July 2, 2016


"They are acting like spoiled, entitled brats," my former husband emailed. Yes, by normal standards, our children certainly are. Hart almost sabotaged his new job when he pretended he couldn't hear his supervisor talking during a fire drill. Jeff has recently lost a number of jobs because he simply can't or won't follow a schedule.

I survived yet another of Jeff's pillaging raids on my house. The scam is like this: Jeff and I make plans, such as a dinner date. A few hours before I am to pick him up, Jeff calls to say that he prefers to come to my house, which he does. Then he disappears in the house, opening every cupboard and drawer and filling up bags, like Santa Claus in reverse.

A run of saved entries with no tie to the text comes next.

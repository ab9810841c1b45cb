-- ===== src/Recall/Fuse.antt =====
-- recall/fuse.go: the vector ranking and the lexical ranking made into one.
pub mod Union
use sennit.Prelude.{
  ℕ, zero, suc, ◌+◌, Bool, Option, none, some, List, [], ◌∷◌, ◌++◌, map, if◌then◌else◌, ◌==◌,
}
use sennit.Prelude.Keys.{number_key, contains}
use sennit.Record.{RecordId}
use sennit.Recall.{Float32, greater, ratio, Candidate}

-- `index.Match`, with the score as the search computed it.
pub record Match (S : Type 0) : Type 0 where
  pub id : RecordId
  pub score : S

module _ {S : Type 0} (f : Float32 S) where
  -- `const RRFk = 60.0`
  abbrev pub rrf_k : S
  rrf_k = f.of_nat 60

  -- `weight / (RRFk + float32(rank+1))`
  unfoldable pub contribution : S → ℕ → S
  contribution weight rank = f.div weight (f.add rrf_k (f.of_nat (suc rank)))

  -- The first loop, from the match at `i` on. A match of a record that was there before is a candidate
  -- of its own, as it is in the source.
  unfoldable pub of_matches : ℕ → List (Match S) → List (Candidate S)
  unfolding contribution
  of_matches i [] = []
  of_matches i (match ∷ matches) =
      record {
        id = match.id;
        score = f.of_nat 0;
        similarity = match.score;
        fused = contribution (f.of_nat 1) i;
        lexical = f.of_nat 0;
        boost = f.of_nat 0;
      }
      ∷ of_matches (suc i) matches

  abbrev pub lexical_only : RecordId → S → Candidate S
  lexical_only id c = record {
    id = id;
    score = f.of_nat 0;
    similarity = f.of_nat 0;
    fused = c;
    lexical = c;
    boost = f.of_nat 0;
  }

  -- A record that has its lexical rank keeps it.
  abbrev pub contribute : S → Candidate S → Candidate S
  contribute c x =
      if greater f x.lexical (f.of_nat 0)
      then x
      else record x { lexical = c; fused = f.add x.fused c }

  -- One round of the second loop: `at` finds the last candidate of the record.
  unfoldable pub add_lexical : RecordId → S → List (Candidate S) → List (Candidate S)
  add_lexical id c [] = lexical_only id c ∷ []
  add_lexical id c (x ∷ xs) =
      let rest = add_lexical id c xs in
      if contains (map (λ (y : Candidate S). y.id) xs) id
      then x ∷ rest
      else if x.id == id
      then contribute c x ∷ xs
      else x ∷ rest

  unfoldable pub add_all : S → ℕ → List RecordId → List (Candidate S) → List (Candidate S)
  unfolding add_lexical contribution
  add_all weight rank [] fused = fused
  add_all weight rank (id ∷ ids) fused =
      add_all weight (suc rank) ids (add_lexical id (contribution weight rank) fused)

  -- The last loop.
  unfoldable pub scored : List (Candidate S) → List (Candidate S)
  scored cs = map (λ (c : Candidate S). record c { score = c.fused }) cs

  -- `func fuse(matches []index.Match, lexical []record.ID, weight float32) []candidate`
  unfoldable pub fuse : List (Match S) → List RecordId → S → List (Candidate S)
  unfolding of_matches add_all scored
  fuse matches lexical weight = scored (add_all weight 0 lexical (of_matches 0 matches))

After I tell him that I am ready to go or that it is impolite to ransack a house that isn't yours, he gets mad and leaves abruptly with his booty.

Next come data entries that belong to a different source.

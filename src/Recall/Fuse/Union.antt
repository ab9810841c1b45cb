-- ===== src/Recall/Fuse/Union.antt =====
-- Who is among the candidates: whatever either pass returned, each record once.
use sennit.Prelude.{
  ℕ, suc, ◌≡◌, refl, ◌∙◌, ap, sym, true, false, ◌||◌, List, [], ◌∷◌, ◌++◌, map, arith,
  if◌then◌else◌, ◌==◌, Bool-cases, inl, inr,
}
use sennit.Prelude.Keys.{number_key, contains}
use sennit.Record.{RecordId}
use sennit.Recall.{Float32, Candidate}
use sennit.Recall.Fuse.{
  Match, contribution, of_matches, contribute, add_lexical, add_all, scored, fuse,
}

module _ {S : Type 0} where
  abbrev pub ids_of : List (Candidate S) → List RecordId
  ids_of cs = map (λ (c : Candidate S). c.id) cs

  abbrev pub match_ids : List (Match S) → List RecordId
  match_ids ms = map (λ (m : Match S). m.id) ms

-- How often a record stands in a list.
abbrev pub times : List RecordId → ℕ → ℕ
times [] j = 0
times (id ∷ ids) j = if id == j then suc (times ids j) else times ids j

-- The records of a second ranking that a first one does not have, in its order, each once.
unfoldable pub join : List RecordId → List RecordId → List RecordId
join ids [] = ids
join ids (id ∷ more) = join (if contains ids id then ids else ids ++ id ∷ []) more

contains-snoc :
    (ids : List RecordId) (id j : RecordId)
    → contains (ids ++ id ∷ []) j ≡ contains ids j || (id == j)
contains-snoc [] id j = ground arith
contains-snoc (x ∷ ids) id j = ground (arith, contains-snoc ids id j)

==_to : (a b : ℕ) → (a == b) ≡ true → a ≡ b
==_to a b h = ground (arith, h)

times-snoc :
    (ids : List RecordId) (id j : RecordId)
    → times (ids ++ id ∷ []) j ≡ (if id == j then suc (times ids j) else times ids j)
times-snoc [] id j = refl
times-snoc (x ∷ ids) id j = ground (arith, times-snoc ids id j)

times-absent : (ids : List RecordId) (j : RecordId) → contains ids j ≡ false → times ids j ≡ 0
times-absent [] j h = refl
times-absent (x ∷ ids) j h = ground (arith, h, times-absent ids j)

pub contains-join :
    (ids more : List RecordId) (j : RecordId)
    → contains (join ids more) j ≡ contains ids j || contains more j
unfolding join
contains-join ids [] j = ground arith
contains-join ids (id ∷ more) j = ground (
  arith,
  contains-join (if contains ids id then ids else ids ++ id ∷ []) more j,
  contains-snoc ids id j,
)

-- A joined list has the first one's records as often as it has them, and the others once.
times-join :
    (ids more : List RecordId) (j : RecordId)
    → times (join ids more) j
      ≡ (if contains ids j then times ids j else if contains more j then 1 else 0)
unfolding join
times-join ids [] j = ground (arith, times-absent ids j)
times-join ids (id ∷ more) j = elim (Bool-cases (contains ids id)) [
  | inl e ↦ elim (Bool-cases (id == j)) [
    | inl q ↦
        let here : contains ids j ≡ true = ap (contains ids) (sym (==_to id j q)) ∙ e in
        rw (e, if◌then◌else◌) (times-join ids more j ∙ ground (arith, here))
    | inr q ↦ rw (e, if◌then◌else◌) (times-join ids more j ∙ ground (arith, q))
  ]
  | inr e ↦ elim (Bool-cases (id == j)) [
    | inl q ↦
        let none_here : contains ids j ≡ false = ap (contains ids) (sym (==_to id j q)) ∙ e in
        rw (e, if◌then◌else◌)
          (times-join (ids ++ id ∷ []) more j
            ∙ ground (
              arith,
              q,
              none_here,
              contains-snoc ids id j,
              times-snoc ids id j,
              times-absent ids j,
            ))
    | inr q ↦
        rw (e, if◌then◌else◌)
          (times-join (ids ++ id ∷ []) more j
            ∙ ground (arith, q, contains-snoc ids id j, times-snoc ids id j))
  ]
]

module _ {S : Type 0} (f : Float32 S) where
  id-contribute : (c : S) (x : Candidate S) → (contribute f c x).id ≡ x.id
  id-contribute c x = ground arith

  ids-add_lexical :
      (id : RecordId) (c : S) (xs : List (Candidate S))
      → ids_of (add_lexical f id c xs)
        ≡ (if contains (ids_of xs) id then ids_of xs else ids_of xs ++ id ∷ [])
  unfolding add_lexical
  ids-add_lexical id c [] = refl
  ids-add_lexical id c (x ∷ xs) = ground (arith, ids-add_lexical id c xs, id-contribute c x)

  ids-add_all :
      (weight : S) (rank : ℕ) (ids : List RecordId) (xs : List (Candidate S))
      → ids_of (add_all f weight rank ids xs) ≡ join (ids_of xs) ids
  unfolding add_all join
  ids-add_all weight rank [] xs = refl
  ids-add_all weight rank (id ∷ ids) xs =
      ids-add_all weight (suc rank) ids (add_lexical f id (contribution f weight rank) xs)
      ∙ ap (λ l. join l ids) (ids-add_lexical id (contribution f weight rank) xs)

  ids-of_matches : (i : ℕ) (ms : List (Match S)) → ids_of (of_matches f i ms) ≡ match_ids ms
  unfolding of_matches
  ids-of_matches i [] = refl
  ids-of_matches i (m ∷ ms) = ap (◌∷◌ m.id) (ids-of_matches (suc i) ms)

  ids-scored : (xs : List (Candidate S)) → ids_of (scored f xs) ≡ ids_of xs
  unfolding scored
  ids-scored [] = refl
  ids-scored (x ∷ xs) = ap (◌∷◌ x.id) (unfold scored in ids-scored xs)

  -- The records of the candidates are those of the vector pass, one for each of its matches and in their
  -- order, and then those that only the lexical pass found, in its order and each once: whatever either
  -- pass returned is there, and nothing else is. Every record has a candidate as often as the vector
  -- pass has matches of it, and one where only the lexical pass has it.
  pub fuse_lem :
      (ms : List (Match S)) (lexical : List RecordId) (weight : S)
      → (ids_of (fuse f ms lexical weight) ≡ join (match_ids ms) lexical)
        × ((j : RecordId)
            → contains (ids_of (fuse f ms lexical weight)) j
              ≡ contains (match_ids ms) j || contains lexical j)
        × ((j : RecordId)
            → times (ids_of (fuse f ms lexical weight)) j ≡ (
                if contains (match_ids ms) j
                then times (match_ids ms) j
                else if contains lexical j
                then 1
                else 0))
  unfolding fuse
  fuse_lem ms lexical weight =
      let all : ids_of (fuse f ms lexical weight) ≡ join (match_ids ms) lexical =
        ids-scored (add_all f weight 0 lexical (of_matches f 0 ms))
        ∙ ids-add_all weight 0 lexical (of_matches f 0 ms)
        ∙ ap (λ l. join l lexical) (ids-of_matches 0 ms) in
      (
        all,
        (λ j. ap (λ l. contains l j) all ∙ contains-join (match_ids ms) lexical j),
        (λ j. ap (λ l. times l j) all ∙ times-join (match_ids ms) lexical j),
      )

It is unpleasant behavior, to be sure. The essence of autism is that an autistic person doesn't have "theory of mind," which is why I have said, "I can see that you don't want to spend time with me. You want to take stuff from my house. That is rude and hurts my feelings." To no avail.

This is the delicate dance. How much accommodation can we make for disabled people? It isn't a catch-all excuse for bad behavior. After two decades, I am still confounded by the task of extracting appropriate pro-social behavior. Now there are bosses, supervisors and housemates in the mix. Hart and Jeff are adults now. My influence is limited. In truth, it always was.